## RECORDS PROVIDED
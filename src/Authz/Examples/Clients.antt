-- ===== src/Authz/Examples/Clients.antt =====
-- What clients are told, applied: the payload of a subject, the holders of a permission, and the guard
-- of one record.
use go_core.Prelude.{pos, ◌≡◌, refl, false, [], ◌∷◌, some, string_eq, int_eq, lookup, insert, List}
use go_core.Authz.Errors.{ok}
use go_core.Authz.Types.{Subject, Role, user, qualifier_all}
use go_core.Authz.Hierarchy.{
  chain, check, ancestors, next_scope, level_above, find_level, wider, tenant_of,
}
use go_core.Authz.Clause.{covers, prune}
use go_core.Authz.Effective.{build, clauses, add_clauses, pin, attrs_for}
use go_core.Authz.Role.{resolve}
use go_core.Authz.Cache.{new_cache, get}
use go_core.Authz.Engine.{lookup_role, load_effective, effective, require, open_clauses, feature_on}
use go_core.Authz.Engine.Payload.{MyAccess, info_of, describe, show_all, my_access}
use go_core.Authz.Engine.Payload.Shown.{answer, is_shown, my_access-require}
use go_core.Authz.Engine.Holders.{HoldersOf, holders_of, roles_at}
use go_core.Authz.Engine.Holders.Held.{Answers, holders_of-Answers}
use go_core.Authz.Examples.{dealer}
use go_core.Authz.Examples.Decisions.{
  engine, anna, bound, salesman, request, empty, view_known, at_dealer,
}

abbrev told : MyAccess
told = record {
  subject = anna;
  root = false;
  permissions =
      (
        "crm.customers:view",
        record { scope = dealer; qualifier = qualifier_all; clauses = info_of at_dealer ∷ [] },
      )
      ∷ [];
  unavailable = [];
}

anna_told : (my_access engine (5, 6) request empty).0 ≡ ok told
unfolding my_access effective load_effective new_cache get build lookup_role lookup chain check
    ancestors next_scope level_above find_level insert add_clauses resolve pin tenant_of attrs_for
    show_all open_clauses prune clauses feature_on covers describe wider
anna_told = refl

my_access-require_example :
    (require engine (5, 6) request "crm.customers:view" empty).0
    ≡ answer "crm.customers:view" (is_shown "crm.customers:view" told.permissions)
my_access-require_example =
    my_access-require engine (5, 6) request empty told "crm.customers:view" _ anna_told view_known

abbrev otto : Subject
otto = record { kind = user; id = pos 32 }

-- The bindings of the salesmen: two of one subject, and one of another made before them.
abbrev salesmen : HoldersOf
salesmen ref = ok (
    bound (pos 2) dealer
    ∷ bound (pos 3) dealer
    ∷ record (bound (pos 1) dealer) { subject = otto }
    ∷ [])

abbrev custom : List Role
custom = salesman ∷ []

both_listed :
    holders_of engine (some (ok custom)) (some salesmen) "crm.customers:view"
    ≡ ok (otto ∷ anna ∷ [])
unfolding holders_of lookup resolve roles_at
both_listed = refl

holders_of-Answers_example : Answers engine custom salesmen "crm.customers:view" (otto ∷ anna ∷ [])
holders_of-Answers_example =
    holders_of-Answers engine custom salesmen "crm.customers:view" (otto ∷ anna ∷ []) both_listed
* * *
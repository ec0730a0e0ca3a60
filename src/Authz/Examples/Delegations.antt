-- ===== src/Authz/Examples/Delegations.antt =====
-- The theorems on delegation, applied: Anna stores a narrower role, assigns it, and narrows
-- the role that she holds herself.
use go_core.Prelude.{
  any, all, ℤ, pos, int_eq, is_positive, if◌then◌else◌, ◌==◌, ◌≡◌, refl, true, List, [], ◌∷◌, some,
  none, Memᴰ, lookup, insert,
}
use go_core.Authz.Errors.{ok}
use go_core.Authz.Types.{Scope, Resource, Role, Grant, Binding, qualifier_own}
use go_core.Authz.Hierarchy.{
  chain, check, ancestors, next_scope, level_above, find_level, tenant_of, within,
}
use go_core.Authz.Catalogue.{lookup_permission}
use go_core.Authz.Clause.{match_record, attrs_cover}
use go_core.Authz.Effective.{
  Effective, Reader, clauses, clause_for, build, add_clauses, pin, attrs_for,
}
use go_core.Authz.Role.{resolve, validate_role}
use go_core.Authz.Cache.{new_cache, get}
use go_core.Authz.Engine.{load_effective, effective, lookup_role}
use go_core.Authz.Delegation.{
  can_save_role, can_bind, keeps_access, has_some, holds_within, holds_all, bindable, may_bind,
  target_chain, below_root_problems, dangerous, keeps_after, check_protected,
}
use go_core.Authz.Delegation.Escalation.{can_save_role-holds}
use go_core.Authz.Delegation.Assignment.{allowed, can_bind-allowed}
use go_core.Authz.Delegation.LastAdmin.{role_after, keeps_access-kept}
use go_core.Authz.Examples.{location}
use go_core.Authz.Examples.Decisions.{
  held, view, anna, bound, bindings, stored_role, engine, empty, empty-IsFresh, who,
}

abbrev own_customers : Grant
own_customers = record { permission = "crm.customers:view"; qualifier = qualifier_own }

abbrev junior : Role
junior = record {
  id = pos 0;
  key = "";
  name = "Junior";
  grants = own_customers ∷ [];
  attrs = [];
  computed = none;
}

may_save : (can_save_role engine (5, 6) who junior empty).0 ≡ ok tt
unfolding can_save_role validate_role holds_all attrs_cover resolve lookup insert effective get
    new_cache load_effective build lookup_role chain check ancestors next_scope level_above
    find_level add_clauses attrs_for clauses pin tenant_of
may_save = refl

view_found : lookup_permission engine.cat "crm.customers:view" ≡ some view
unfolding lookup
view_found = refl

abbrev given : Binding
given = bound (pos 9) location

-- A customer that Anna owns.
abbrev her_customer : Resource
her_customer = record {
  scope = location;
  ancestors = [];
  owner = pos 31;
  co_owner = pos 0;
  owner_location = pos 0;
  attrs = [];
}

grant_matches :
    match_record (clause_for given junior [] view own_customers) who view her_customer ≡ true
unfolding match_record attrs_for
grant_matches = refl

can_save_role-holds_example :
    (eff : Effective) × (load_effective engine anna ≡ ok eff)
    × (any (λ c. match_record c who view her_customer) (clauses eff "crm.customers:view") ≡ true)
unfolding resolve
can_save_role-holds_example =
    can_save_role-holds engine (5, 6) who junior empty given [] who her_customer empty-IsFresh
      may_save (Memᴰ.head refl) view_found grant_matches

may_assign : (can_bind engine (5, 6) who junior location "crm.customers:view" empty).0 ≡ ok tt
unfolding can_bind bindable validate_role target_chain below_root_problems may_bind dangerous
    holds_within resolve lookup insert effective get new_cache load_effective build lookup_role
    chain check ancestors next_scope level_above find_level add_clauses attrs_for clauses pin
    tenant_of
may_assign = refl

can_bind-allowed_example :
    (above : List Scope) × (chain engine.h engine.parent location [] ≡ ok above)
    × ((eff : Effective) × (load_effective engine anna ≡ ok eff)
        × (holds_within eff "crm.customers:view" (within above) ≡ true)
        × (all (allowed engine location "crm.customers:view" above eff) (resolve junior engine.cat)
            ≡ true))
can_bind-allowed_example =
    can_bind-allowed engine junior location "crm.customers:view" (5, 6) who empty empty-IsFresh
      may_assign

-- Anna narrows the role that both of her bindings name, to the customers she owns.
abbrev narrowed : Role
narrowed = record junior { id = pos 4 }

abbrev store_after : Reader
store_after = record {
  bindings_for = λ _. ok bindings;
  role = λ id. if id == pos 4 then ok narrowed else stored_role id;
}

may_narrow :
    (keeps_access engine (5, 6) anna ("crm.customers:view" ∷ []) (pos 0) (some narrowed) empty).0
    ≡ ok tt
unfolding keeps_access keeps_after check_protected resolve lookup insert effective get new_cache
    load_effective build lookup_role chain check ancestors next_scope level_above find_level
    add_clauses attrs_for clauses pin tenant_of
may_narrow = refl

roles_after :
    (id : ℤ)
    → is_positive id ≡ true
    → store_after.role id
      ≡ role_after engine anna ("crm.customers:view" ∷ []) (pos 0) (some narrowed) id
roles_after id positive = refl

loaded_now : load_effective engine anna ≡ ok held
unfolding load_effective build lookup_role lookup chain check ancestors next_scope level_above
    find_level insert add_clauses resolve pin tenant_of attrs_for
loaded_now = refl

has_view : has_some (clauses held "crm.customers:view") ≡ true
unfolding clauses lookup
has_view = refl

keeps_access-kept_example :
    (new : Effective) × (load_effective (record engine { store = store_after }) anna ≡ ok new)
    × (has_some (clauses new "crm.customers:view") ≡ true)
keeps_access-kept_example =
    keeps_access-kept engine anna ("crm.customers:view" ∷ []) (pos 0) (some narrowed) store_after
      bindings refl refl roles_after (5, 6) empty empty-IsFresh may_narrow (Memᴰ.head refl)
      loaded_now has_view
* * *
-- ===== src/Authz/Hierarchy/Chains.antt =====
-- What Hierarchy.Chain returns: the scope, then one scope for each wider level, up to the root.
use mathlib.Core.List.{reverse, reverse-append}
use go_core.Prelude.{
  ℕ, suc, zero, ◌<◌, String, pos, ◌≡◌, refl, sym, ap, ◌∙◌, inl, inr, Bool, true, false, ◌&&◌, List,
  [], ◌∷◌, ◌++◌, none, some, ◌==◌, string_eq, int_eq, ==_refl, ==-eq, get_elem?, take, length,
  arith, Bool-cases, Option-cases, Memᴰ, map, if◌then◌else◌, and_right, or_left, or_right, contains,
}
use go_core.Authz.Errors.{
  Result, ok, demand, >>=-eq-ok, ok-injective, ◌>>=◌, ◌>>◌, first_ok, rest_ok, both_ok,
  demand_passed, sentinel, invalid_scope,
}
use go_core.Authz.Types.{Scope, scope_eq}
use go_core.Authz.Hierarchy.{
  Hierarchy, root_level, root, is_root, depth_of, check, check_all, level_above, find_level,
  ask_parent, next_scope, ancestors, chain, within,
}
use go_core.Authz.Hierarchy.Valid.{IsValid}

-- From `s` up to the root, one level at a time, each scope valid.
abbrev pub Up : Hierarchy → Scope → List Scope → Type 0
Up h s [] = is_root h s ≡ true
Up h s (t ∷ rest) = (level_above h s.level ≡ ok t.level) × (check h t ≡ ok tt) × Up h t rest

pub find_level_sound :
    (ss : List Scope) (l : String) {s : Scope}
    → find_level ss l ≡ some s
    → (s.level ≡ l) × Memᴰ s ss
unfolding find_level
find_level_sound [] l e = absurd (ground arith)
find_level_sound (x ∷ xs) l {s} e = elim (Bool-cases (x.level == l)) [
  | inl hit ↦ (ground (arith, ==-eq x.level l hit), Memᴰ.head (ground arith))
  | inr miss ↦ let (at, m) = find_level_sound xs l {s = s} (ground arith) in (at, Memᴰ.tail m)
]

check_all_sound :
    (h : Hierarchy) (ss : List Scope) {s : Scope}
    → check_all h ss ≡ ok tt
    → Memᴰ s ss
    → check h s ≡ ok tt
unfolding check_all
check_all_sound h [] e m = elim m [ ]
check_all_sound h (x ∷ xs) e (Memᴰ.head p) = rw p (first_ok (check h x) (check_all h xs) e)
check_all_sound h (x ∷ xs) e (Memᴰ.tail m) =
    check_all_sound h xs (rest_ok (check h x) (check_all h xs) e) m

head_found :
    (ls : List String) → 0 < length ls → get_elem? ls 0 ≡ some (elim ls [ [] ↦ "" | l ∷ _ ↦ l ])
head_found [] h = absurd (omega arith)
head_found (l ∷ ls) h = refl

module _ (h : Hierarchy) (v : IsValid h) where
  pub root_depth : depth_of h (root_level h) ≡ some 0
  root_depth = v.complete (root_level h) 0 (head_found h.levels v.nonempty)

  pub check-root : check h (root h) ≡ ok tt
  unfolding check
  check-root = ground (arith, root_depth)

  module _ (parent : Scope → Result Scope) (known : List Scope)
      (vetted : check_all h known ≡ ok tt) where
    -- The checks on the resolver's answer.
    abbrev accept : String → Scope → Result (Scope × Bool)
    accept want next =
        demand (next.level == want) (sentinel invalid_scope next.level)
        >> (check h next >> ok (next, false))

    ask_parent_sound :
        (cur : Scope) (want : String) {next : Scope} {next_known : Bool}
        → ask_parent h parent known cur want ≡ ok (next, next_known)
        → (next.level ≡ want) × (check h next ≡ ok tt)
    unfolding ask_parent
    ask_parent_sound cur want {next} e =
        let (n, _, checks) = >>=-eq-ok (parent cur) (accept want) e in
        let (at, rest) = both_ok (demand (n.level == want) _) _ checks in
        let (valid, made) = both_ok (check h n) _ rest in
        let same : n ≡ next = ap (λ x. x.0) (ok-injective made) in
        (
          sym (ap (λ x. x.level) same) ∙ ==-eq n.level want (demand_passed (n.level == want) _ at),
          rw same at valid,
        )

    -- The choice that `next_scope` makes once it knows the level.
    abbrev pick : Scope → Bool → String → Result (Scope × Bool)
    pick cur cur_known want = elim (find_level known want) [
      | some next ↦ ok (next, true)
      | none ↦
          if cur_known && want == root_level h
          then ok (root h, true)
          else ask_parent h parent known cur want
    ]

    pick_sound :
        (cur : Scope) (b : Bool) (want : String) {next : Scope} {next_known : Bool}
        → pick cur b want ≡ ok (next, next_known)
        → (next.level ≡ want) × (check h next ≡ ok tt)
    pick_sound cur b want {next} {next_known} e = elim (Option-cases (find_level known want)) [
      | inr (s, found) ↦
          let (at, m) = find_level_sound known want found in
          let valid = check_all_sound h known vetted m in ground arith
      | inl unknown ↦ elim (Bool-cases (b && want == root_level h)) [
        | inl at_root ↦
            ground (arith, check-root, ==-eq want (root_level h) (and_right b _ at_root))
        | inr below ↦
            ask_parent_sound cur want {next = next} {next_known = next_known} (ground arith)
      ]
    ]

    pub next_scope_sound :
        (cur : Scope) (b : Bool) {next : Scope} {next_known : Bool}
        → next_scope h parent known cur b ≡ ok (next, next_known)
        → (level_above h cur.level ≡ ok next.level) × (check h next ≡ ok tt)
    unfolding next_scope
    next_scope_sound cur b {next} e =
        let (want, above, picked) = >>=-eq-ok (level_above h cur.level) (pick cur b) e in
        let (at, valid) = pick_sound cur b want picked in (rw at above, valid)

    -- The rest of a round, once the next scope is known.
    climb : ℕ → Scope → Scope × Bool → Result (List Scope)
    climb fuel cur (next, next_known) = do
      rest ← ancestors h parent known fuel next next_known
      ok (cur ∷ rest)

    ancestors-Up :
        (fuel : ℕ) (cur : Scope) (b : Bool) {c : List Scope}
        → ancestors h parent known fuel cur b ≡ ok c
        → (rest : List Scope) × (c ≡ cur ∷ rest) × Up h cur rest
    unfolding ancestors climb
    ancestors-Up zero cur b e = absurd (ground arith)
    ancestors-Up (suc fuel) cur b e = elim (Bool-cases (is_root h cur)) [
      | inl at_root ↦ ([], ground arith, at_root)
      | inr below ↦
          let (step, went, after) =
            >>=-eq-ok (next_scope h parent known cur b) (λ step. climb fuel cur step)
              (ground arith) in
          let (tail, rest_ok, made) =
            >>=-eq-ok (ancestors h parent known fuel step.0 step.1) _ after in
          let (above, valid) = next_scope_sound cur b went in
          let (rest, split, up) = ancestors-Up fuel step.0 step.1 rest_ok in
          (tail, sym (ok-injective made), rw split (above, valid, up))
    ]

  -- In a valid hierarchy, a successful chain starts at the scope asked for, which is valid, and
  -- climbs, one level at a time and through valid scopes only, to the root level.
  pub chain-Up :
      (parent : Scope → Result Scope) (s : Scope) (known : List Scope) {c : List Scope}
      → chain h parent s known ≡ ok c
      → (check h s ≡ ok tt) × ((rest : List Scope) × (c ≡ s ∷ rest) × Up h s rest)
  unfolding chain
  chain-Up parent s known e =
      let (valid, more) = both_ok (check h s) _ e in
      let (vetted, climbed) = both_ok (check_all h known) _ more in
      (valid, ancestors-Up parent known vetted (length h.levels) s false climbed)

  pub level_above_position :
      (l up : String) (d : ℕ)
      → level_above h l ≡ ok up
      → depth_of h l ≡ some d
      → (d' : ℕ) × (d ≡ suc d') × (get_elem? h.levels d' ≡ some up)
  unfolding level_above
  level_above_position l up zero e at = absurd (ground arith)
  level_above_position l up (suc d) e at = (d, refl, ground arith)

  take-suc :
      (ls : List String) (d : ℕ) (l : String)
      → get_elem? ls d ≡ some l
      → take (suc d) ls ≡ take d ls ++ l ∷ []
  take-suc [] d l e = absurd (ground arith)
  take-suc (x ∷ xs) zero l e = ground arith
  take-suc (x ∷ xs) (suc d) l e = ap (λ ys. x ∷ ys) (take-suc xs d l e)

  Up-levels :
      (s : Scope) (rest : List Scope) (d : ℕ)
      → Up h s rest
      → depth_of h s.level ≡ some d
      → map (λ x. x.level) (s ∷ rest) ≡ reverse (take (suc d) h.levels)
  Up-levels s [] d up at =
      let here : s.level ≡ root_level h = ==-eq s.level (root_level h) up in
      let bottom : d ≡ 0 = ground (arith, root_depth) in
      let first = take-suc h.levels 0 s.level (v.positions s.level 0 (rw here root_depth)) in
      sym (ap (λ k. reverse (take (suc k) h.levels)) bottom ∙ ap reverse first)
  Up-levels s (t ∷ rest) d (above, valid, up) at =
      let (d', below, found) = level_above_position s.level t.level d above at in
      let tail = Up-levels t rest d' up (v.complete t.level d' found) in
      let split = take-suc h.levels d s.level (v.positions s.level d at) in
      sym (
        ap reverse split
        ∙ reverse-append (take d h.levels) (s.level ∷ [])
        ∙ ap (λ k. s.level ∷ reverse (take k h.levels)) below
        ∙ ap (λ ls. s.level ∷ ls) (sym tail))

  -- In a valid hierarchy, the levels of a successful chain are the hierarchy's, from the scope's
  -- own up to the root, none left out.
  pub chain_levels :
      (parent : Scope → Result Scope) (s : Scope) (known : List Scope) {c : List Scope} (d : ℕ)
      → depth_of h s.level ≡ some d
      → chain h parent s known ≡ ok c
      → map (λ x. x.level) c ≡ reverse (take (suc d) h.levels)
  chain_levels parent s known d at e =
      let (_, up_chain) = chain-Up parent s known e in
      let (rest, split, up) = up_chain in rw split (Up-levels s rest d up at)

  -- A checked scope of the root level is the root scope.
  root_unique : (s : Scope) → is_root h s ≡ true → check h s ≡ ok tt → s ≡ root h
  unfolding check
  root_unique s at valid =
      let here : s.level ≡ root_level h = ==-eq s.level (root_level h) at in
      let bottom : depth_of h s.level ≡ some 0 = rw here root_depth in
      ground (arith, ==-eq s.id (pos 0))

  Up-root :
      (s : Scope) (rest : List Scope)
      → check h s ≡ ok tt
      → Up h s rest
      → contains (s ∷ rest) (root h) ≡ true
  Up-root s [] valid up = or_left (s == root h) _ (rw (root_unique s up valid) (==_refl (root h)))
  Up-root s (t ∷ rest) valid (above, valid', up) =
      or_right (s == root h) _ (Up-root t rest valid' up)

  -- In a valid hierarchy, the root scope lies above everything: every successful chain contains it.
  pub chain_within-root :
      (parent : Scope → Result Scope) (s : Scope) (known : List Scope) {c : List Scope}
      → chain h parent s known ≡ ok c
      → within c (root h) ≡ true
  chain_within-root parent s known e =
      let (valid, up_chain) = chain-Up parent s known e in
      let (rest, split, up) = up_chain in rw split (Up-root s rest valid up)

## YOUR TASK
Among the lines of the material, find those holding the word "complete" and return them.

## OUTPUT FOR THIS TASK
  root_depth = v.complete (root_level h) 0 (head_found h.levels v.nonempty)
      let tail = Up-levels t rest d' up (v.complete t.level d' found) in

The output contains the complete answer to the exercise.